*Problem requirements*
Across the material below, how many lines hold the word "success"? Only the number should be given.
Data section start
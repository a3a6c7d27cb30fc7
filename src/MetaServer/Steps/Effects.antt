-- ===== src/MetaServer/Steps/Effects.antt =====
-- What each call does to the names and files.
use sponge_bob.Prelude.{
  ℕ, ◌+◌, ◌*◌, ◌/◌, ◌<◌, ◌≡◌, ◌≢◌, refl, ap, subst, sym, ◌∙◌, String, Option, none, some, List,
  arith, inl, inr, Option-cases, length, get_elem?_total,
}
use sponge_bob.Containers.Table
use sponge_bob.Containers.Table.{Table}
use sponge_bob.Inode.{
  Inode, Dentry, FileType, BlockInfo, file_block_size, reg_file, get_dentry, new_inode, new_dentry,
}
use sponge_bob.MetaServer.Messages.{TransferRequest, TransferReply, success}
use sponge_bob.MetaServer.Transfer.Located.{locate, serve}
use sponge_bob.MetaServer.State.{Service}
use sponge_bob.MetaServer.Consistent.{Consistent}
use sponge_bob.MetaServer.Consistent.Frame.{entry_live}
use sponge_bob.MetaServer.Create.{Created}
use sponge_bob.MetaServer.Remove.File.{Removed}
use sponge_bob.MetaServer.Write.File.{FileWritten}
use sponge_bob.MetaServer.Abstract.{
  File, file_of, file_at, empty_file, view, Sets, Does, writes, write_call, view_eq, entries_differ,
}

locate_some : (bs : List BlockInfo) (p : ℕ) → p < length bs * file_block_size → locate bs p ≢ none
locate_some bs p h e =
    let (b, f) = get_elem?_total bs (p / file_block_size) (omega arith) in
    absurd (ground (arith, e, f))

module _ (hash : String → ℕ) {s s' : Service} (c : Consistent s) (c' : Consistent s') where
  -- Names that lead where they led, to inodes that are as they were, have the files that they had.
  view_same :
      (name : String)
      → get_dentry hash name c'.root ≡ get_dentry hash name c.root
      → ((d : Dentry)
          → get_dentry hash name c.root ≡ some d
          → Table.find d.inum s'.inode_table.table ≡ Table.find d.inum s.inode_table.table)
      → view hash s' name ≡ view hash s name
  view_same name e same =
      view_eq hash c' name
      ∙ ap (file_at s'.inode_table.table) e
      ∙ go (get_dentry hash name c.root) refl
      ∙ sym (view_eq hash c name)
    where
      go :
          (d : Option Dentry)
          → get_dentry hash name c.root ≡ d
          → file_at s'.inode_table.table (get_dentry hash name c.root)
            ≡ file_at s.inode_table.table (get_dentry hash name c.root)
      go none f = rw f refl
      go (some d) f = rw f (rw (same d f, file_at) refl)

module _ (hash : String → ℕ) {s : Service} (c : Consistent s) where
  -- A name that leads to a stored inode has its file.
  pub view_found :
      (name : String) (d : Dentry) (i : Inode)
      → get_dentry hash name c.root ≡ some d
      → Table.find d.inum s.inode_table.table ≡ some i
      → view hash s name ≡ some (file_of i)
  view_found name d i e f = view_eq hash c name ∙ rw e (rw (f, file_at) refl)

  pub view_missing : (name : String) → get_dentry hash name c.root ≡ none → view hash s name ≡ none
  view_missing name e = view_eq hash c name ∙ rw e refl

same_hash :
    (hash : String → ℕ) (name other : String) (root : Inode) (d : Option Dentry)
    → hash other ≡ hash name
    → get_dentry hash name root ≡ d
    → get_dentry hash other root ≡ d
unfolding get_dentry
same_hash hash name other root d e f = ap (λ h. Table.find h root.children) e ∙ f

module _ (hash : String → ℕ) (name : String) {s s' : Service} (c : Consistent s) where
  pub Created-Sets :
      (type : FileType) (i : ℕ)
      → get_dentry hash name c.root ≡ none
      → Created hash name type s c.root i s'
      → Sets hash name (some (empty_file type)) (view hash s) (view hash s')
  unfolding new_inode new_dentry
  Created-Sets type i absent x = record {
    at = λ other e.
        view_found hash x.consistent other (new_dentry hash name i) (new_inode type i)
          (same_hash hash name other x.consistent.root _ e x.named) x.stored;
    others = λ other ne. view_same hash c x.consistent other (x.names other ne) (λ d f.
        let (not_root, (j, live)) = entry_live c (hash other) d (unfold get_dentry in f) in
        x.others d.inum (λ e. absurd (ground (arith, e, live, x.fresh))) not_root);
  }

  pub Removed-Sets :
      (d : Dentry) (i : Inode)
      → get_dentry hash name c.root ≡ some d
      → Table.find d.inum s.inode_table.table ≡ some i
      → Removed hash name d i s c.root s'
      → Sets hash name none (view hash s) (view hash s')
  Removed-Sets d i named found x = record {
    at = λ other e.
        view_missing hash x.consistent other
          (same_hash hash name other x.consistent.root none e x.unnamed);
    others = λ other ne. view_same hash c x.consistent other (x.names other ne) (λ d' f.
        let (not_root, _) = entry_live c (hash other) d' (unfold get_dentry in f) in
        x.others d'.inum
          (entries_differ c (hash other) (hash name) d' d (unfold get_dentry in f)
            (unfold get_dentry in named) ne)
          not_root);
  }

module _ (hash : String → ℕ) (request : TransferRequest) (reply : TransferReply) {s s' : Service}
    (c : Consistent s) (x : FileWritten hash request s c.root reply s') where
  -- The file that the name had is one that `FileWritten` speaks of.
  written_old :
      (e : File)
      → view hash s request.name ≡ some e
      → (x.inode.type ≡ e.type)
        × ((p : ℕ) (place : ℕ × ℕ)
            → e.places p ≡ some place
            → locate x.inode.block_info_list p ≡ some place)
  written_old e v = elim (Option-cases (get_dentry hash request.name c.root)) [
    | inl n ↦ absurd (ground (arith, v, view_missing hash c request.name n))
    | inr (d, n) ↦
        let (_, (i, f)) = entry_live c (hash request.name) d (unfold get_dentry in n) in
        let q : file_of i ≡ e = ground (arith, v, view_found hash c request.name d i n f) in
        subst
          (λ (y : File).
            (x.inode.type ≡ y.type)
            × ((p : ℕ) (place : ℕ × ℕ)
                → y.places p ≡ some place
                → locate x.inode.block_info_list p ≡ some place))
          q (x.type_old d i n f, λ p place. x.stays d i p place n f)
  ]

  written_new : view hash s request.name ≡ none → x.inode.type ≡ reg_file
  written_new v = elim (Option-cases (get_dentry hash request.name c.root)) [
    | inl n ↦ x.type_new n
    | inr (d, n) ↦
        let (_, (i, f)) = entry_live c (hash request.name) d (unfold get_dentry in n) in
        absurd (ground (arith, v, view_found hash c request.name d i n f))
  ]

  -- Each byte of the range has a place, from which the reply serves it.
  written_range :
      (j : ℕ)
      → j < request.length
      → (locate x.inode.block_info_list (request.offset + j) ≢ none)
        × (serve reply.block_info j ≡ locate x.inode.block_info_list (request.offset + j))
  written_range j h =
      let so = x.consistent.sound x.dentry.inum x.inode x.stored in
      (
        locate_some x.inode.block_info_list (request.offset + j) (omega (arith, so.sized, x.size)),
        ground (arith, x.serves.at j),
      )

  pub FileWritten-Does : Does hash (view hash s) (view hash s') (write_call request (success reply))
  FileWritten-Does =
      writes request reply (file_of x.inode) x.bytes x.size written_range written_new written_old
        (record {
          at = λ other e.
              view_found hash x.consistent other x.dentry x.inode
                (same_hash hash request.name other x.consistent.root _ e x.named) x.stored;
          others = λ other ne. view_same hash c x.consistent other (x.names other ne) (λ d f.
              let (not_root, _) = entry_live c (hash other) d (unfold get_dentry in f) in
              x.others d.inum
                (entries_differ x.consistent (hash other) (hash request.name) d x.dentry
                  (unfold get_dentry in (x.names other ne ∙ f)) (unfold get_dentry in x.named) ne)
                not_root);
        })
Data section end
*Solution to this exercise*
2